6. A process for the preparation of crystalline form of Selinexor or a solvate thereof, comprising the step of converting amorphous Selinexor to crystalline form of Selinexor or a solvate thereof.
7. A process for the preparation of an amorphous solid dispersion of Selinexor of claim 4, comprising the steps of:
a. providing a solution of Selinexor and atleast one pharmaceutically acceptable excipient in a solvent or a mixture thereof;
b. removing the solvent from the solution obtained in step a), and
c. isolating the amorphous solid dispersion of Selinexor.
d. optionally, combining amorphous solid dispersion of step c) with atleast one additional pharmaceutically acceptable excipient.

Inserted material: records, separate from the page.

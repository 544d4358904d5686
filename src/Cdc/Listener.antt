-- ===== src/Cdc/Listener.antt =====
-- cdc/listener.py, class FDBMutationListener, method by method.
pub mod Keeps
pub mod Turns
pub mod Await
use kafka_fdb_streamline.Common.{
  ⊤, ℕ, zero, suc, ◌+◌, ◌-◌, Bool, true, false, ◌&&◌, not, Option, none, some, List, [], ◌∷◌, ◌++◌,
  ltb, if◌then◌else◌, is_empty, length, ℤ, pos, negsuc, ltb_ℤ,
}
use kafka_fdb_streamline.Errors.{
  cdc_error, consumer_closed, invalid_cursor, Exn, cdc, serialization, record_too_large,
}
use kafka_fdb_streamline.Exec.{
  Result, ok, err, pure, raise, gets, lift, catch, modify, raise_if, ◌>>=◌, ◌>>◌,
}
use kafka_fdb_streamline.Serialization.Checked.{Checked, valid, invalid}
use kafka_fdb_streamline.Serialization.Model.{Bytes, Value}
use kafka_fdb_streamline.Serialization.Message.{FdbMutationRecord, Protobuf}
use kafka_fdb_streamline.Serialization.Serializer.{serialize_version_end}
use kafka_fdb_streamline.Serialization.VersionGroup.{serialize_version_group}
use kafka_fdb_streamline.World.{NativeGroup, NativeReply, Cursor, Event, Env, Listener, M}
use kafka_fdb_streamline.Cdc.Client.{
  consume_failure, open_client, register_cdc_stream, create_cdc_consumer, resume_cdc_consumer,
  get_read_version,
}

-- What the serialization package raises goes through the listener unchanged.
unfoldable pub checked {ℓ} : {A : Type ℓ} → Checked A → Result A
checked (valid a) = ok a
checked (invalid e) = err (serialization e)

-- A change of the listener's attributes.
unfoldable pub update : (Listener → Listener) → M ⊤
unfolding modify
update f = modify (λ w. record w { listener = f w.listener })

abbrev pub shut : Listener → Listener
shut l = record l { is_closed = true; consumer = false }

-- What another thread's `close` leaves.
abbrev pub after_wait : Bool → Listener → Listener
after_wait true l = shut l
after_wait false l = l

-- The last version serialized, which begins as -1. A group that was serialized has an exact int.
unfoldable pub version_of : Value → ℤ
version_of (Value.int version) = version
version_of _ = negsuc 0

module _ (pb : Protobuf) (l : Listener) (timestamp_ns : ℕ) where
  -- The loop over the groups of a reply, with the records so far and the last version.
  unfoldable pub serialize_groups : List NativeGroup → List Bytes → ℤ → Result (List Bytes × ℤ)
  unfolding checked version_of
  serialize_groups [] serialized last = ok (serialized, last)
  serialize_groups (group ∷ rest) serialized last =
      elim (checked (
        serialize_version_group pb group.mutations group.version
          (Value.int (pos l.max_record_bytes)) (Value.str l.stream_name)
          (Value.int (pos timestamp_ns)))) [
            | ok records ↦ serialize_groups rest (serialized ++ records) (version_of group.version)
            | err e ↦ err e
          ]

  fits : Bytes → Result (List Bytes)
  fits watermark_record =
      if ltb l.max_record_bytes (length watermark_record)
      then err (serialization (record_too_large none (length watermark_record) l.max_record_bytes))
      else ok (watermark_record ∷ [])

  -- The empty version end of a watermark beyond the last group.
  unfoldable pub serialize_watermark : ℤ → ℤ → Result (List Bytes)
  unfolding checked fits
  serialize_watermark watermark last =
      if not (ltb_ℤ watermark (pos 0)) && ltb_ℤ last watermark
      then elim (checked (
          serialize_version_end pb (Value.int watermark) (Value.int (pos 0))
            (Value.str l.stream_name) (Value.int (pos timestamp_ns)))) [
              | ok watermark_record ↦ fits watermark_record
              | err e ↦ err e
            ]
      else ok []

-- `[FDBMutationRecord.FromString(data) for data in serialized]`; a parse that fails raises.
unfoldable pub parse_all : Protobuf → List Bytes → Result (List FdbMutationRecord)
parse_all pb [] = ok []
parse_all pb (content ∷ rest) = elim (pb.parse content) [
  | none ↦ err Exn.other_error
  | some message ↦ elim (parse_all pb rest) [
    | ok messages ↦ ok (message ∷ messages)
    | err e ↦ err e
  ]
]

-- The records of a native reply, as `poll_records` builds them.
unfoldable pub records_of : Protobuf → Listener → ℕ → NativeReply → Result (List FdbMutationRecord)
unfolding serialize_groups serialize_watermark parse_all
records_of pb l timestamp_ns reply =
    elim (serialize_groups pb l timestamp_ns reply.groups [] (negsuc 0)) [
      | ok (serialized, last) ↦
          elim (serialize_watermark pb l timestamp_ns reply.last_consumed_version last) [
            | ok watermark ↦ parse_all pb (serialized ++ watermark)
            | err e ↦ err e
          ]
      | err e ↦ err e
    ]

unfoldable pub set_delivery_failed : M ⊤
set_delivery_failed = update (λ l. record l { delivery_failed = true })

-- The last two assignments of `poll_records`.
unfoldable pub set_delivered : List FdbMutationRecord → M ⊤
set_delivered records =
    update (λ l. record l { delivery_failed = false; awaiting_ack = not (is_empty records) })

unfoldable pub set_acknowledged : M ⊤
set_acknowledged = update (λ l. record l { awaiting_ack = false })

unfoldable pub set_consumer : Bool → M ⊤
set_consumer there = update (λ l. record l { consumer = there })

unfoldable pub close_consumer : M ⊤
unfolding modify
close_consumer = modify (λ w. record w { trace = Event.consumer_closed ∷ w.trace })

unfoldable pub sleep : ℕ → M ⊤
unfolding modify
sleep ticks = modify (λ w. record w { trace = Event.slept ticks ∷ w.trace })

-- `except Exception as exc:` of a native wait; the listener may have been closed meanwhile.
unfoldable pub wait_failed : {A : Type 0} → Exn → M A
wait_failed e = do
  closed ← gets (λ w. w.listener.is_closed)
  raise (if closed then cdc consumer_closed else consume_failure e)

-- `initial_cursor.last_consumed_version`, which `resume_cdc_consumer` has checked.
unfoldable pub target_version : Cursor → ℤ
target_version cursor = elim cursor.last_consumed_version [
  | some value ↦ version_of value
  | none ↦ negsuc 0
]

-- `except BaseException: self._consumer = None; consumer.close(); raise`
unfoldable pub abandon : Exn → M ⊤
abandon e = do set_consumer false; close_consumer; raise e

unfoldable pub close : M ⊤
close = do
  had_consumer ← gets (λ w. w.listener.consumer)
  update shut
  if had_consumer then close_consumer else pure tt

module _ (env : Env) where
  -- The wait on the native consumer's `acknowledge`.
  unfoldable pub native_acknowledge : M ⊤
  native_acknowledge w =
      let reply = env.acknowledge w.trace in
      (
        reply.outcome,
        record w {
          listener = after_wait reply.closed_meanwhile w.listener;
          trace = Event.acknowledged reply ∷ w.trace;
        },
      )

  unfoldable pub native_consume : M NativeReply
  native_consume w =
      let reply = env.consume w.trace in
      (
        reply.outcome,
        record w {
          listener = after_wait reply.closed_meanwhile w.listener;
          trace = Event.consumed reply ∷ w.trace;
        },
      )

  unfoldable pub read_monotonic : M ℕ
  read_monotonic w =
      let now = env.monotonic w.trace in
      (ok now, record w { trace = Event.monotonic_read now ∷ w.trace })

  -- The loop of `_reconcile_resumed_consumer`. With no fuel left the wait counts as timed out.
  unfoldable pub await_version : ℕ → ℤ → ℕ → M ⊤
  await_version zero target deadline = raise (cdc invalid_cursor)
  await_version (suc fuel) target deadline = do
    version ← get_read_version env
    if not (ltb_ℤ version target) then pure tt else do
      now ← read_monotonic
      raise_if (not (ltb now deadline)) (cdc invalid_cursor)
      interval ← gets (λ w. w.listener.resume_poll_interval)
      sleep (if ltb interval (deadline - now) then interval else deadline - now)
      await_version fuel target deadline

  -- The rest of `_reconcile_resumed_consumer`. The consumer has just been set, so the property
  -- `consumer` gives it, or raises if the listener was closed.
  unfoldable pub reconcile : Cursor → M ⊤
  reconcile cursor = do
    start_time ← read_monotonic
    timeout ← gets (λ w. w.listener.resume_timeout)
    await_version (timeout + 2) (target_version cursor) (start_time + timeout)
    catch
        (do
          closed ← gets (λ w. w.listener.is_closed)
          raise_if closed (cdc consumer_closed)
          native_acknowledge)
        (λ e. raise (consume_failure e))

  unfoldable pub register : Option (Value × Value) → M ⊤
  register none = pure tt
  register (some (begin_key, end_key)) = do
    name ← gets (λ w. w.listener.raw_stream_name)
    register_cdc_stream env (Value.bytes name) begin_key end_key
    pure tt

  unfoldable pub attach : Option Cursor → M ⊤
  attach none = do
    name ← gets (λ w. w.listener.raw_stream_name)
    create_cdc_consumer env (Value.bytes name)
    set_consumer true
  attach (some cursor) = do
    resume_cdc_consumer env cursor
    set_consumer true
    catch (reconcile cursor) abandon

  -- `start` of a listener without a consumer.
  unfoldable pub start_detached : Listener → M ⊤
  start_detached l = do
    raise_if l.is_closed (cdc consumer_closed)
    open_client env
    register l.key_range
    attach l.initial_cursor

  unfoldable pub start : M ⊤
  start = do l ← gets (λ w. w.listener); if l.consumer then pure tt else start_detached l

  -- The property `consumer`.
  unfoldable pub require_consumer : M ⊤
  require_consumer = do
    l ← gets (λ w. w.listener)
    raise_if l.is_closed (cdc consumer_closed)
    if l.consumer then pure tt else start

  unfoldable pub consume_batch : M NativeReply
  consume_batch = do
    l ← gets (λ w. w.listener)
    raise_if l.delivery_failed (cdc cdc_error)
    raise_if l.awaiting_ack (cdc cdc_error)
    catch (do require_consumer; native_consume) wait_failed

  unfoldable pub read_time : M ℕ
  read_time w =
      let now = env.time_ns w.trace in (ok now, record w { trace = Event.clock_read now ∷ w.trace })

  unfoldable pub timestamp_or_now : Option ℕ → M ℕ
  timestamp_or_now none = read_time
  timestamp_or_now (some timestamp_ns) = pure timestamp_ns

  unfoldable pub poll_records : Protobuf → Option ℕ → M (List FdbMutationRecord)
  poll_records pb bridge_timestamp_ns = do
    reply ← consume_batch
    set_delivery_failed
    timestamp_ns ← timestamp_or_now bridge_timestamp_ns
    l ← gets (λ w. w.listener)
    records ← lift (records_of pb l timestamp_ns reply)
    set_delivered records
    pure records

  unfoldable pub acknowledge : M ⊤
  acknowledge = do
    l ← gets (λ w. w.listener)
    raise_if l.is_closed (cdc consumer_closed)
    raise_if l.delivery_failed (cdc cdc_error)
    raise_if (not l.awaiting_ack) (cdc cdc_error)
    catch (do require_consumer; native_acknowledge) wait_failed
    set_acknowledged

  unfoldable pub native_position : M (Option Cursor)
  native_position w =
      let reply = env.get_position w.trace in
      (reply, record w { trace = Event.position_read reply ∷ w.trace })

  unfoldable pub get_position : M (Option Cursor)
  get_position = do require_consumer; native_position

8. A process of claim 9, wherein solvent at step a) is selected from the group comprising of methanol, ethanol, 2-propanol, acetone, methyl ethyl ketone, methyl isobutyl ketone or mixtures thereof.
9. A pharmaceutical composition comprising amorphous form of Selinexor or amorphous solid dispersion of Selinexor together with atleast one pharmaceutically acceptable excipient and atleast one additional one pharmaceutically acceptable excipient.
10. A pharmaceutical composition comprising amorphous form or amorphous solid dispersion of Selinexor and atleast one additional pharmaceutically acceptable excipient, wherein the additional excipient is selected from the group comprising of colloidal silicon dioxide, fumed silicon dioxide, porous silica, polyethylene or polyvinyl alcohol copolymer, polyethylene or polyvinyl pyrrolidinone copolymer and microcrystalline cellulose.